DIRECTIONS FOR THIS TASK
Where a line holds the word "drop", copy it from the records.

DATA FOR REVIEW
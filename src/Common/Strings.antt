-- ===== src/Common/Strings.antt =====
-- Python's `str` as the list of its code points, with the string methods that the program calls.
use Prim.Native.Nat.{ℕ, suc, ◌+◌, ◌-◌}
use Prim.Native.Char.{code}
use Prim.Native.String.{String}
use mathlib.Core.Path.{◌≡◌, refl}
use mathlib.Core.Logic.{◌↔◌}
use mathlib.Core.Bool.{Bool, true, false, ◌&&◌, ◌||◌}
use mathlib.Core.List.{List, [], ◌∷◌, ◌++◌}
use mathlib.Core.Option.{Option, none, some}
use native.Mathlib.Omega.{arith}
use mutsumi_s_sync.Common.Tests.{leb, ◌==◌, if◌then◌else◌}
use mutsumi_s_sync.Common.Lists.{take, drop, is_empty}

abbrev pub Text : Type 0
Text = List ℕ

abbrev pub codes : String → Text
codes String.[] = []
codes (String.◌∷◌ c s) = code c ∷ codes s

unfoldable pub text_eq : Text → Text → Bool
text_eq [] [] = true
text_eq [] (y ∷ ys) = false
text_eq (x ∷ xs) [] = false
text_eq (x ∷ xs) (y ∷ ys) = x == y && text_eq xs ys

pub text_eq_refl : (s : Text) → text_eq s s ≡ true
unfolding text_eq
text_eq_refl [] = refl
text_eq_refl (x ∷ xs) = ground (arith, text_eq_refl xs)

text_eq_sound : (s t : Text) → text_eq s t ≡ true → s ≡ t
unfolding text_eq
text_eq_sound [] [] h = refl
text_eq_sound [] (y ∷ ys) h = cc
text_eq_sound (x ∷ xs) [] h = cc
text_eq_sound (x ∷ xs) (y ∷ ys) h = ground (arith, text_eq_sound xs ys)

pub text_eq_iff : (s t : Text) → (text_eq s t ≡ true) ↔ (s ≡ t)
text_eq_iff s t = (text_eq_sound s t, λ e. rw e (text_eq_refl t))

-- `str.isspace` of one character, which is also `\s` of the `re` module.
unfoldable pub is_space : ℕ → Bool
is_space c =
    leb 9 c && leb c 13
    || leb 28 c && leb c 32
    || c == 0x85
    || c == 0xa0
    || c == 0x1680
    || leb 0x2000 c && leb c 0x200a
    || c == 0x2028
    || c == 0x2029
    || c == 0x202f
    || c == 0x205f
    || c == 0x3000

unfoldable pub lstrip : Text → Text
lstrip [] = []
lstrip (c ∷ t) = if is_space c then lstrip t else c ∷ t

abbrev cons_unless_blank : ℕ → Text → Text
cons_unless_blank c [] = if is_space c then [] else c ∷ []
cons_unless_blank c (d ∷ t) = c ∷ d ∷ t

unfoldable pub rstrip : Text → Text
rstrip [] = []
rstrip (c ∷ t) = cons_unless_blank c (rstrip t)

unfoldable pub strip : Text → Text
strip t = rstrip (lstrip t)

-- `text.startswith(prefix)`
unfoldable pub starts_with : Text → Text → Bool
starts_with t [] = true
starts_with [] (p ∷ ps) = false
starts_with (c ∷ t) (p ∷ ps) = c == p && starts_with t ps

-- The first position of `needle`, which is not empty wherever the program searches.
unfoldable pub find : Text → Text → Option ℕ
find needle [] = none
find needle (c ∷ t) =
    if starts_with (c ∷ t) needle
    then some 0
    else elim (find needle t) [ none ↦ none | some i ↦ some (suc i) ]

-- `text.find(needle, start)`, with `none` for -1
unfoldable pub find_from : Text → Text → ℕ → Option ℕ
find_from needle t start = elim (find needle (drop start t)) [
  | none ↦ none
  | some i ↦ some (start + i)
]

-- `needle in text`
unfoldable pub contains : Text → Text → Bool
unfolding find
contains needle t = elim (find needle t) [ none ↦ false | some i ↦ true ]

-- `text[a:b]` for `0 <= a`
unfoldable pub slice : Text → ℕ → ℕ → Text
slice t a b = take (b - a) (drop a t)

-- `sep.join(parts)`
unfoldable pub join : Text → List Text → Text
join sep [] = []
join sep (x ∷ []) = x
join sep (x ∷ y ∷ xs) = x ++ (sep ++ join sep (y ∷ xs))

-- `text.split()`: the runs of characters that are no white space. `word` is the run so far.
split_words : Text → Text → List Text
split_words word [] = if is_empty word then [] else word ∷ []
split_words word (c ∷ t) =
    let kept = split_words (word ++ c ∷ []) t in
    let cut = split_words [] t in
    if is_space c then (if is_empty word then cut else word ∷ cut) else kept

unfoldable pub words : Text → List Text
unfolding split_words
words t = split_words [] t

-- `text.partition(sep)` for one character: what stands before its first place, and what stands
-- behind it if it is there.
unfoldable pub partition_at : ℕ → Text → Text × Option Text
partition_at sep [] = ([], none)
partition_at sep (c ∷ t) =
    let (before, after) = partition_at sep t in
    if c == sep then ([], some t) else (c ∷ before, after)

ANSWER SECTION
use mutsumi_s_sync.Common.Lists.{take, drop, is_empty}
find_from needle t start = elim (find needle (drop start t)) [
slice t a b = take (b - a) (drop a t)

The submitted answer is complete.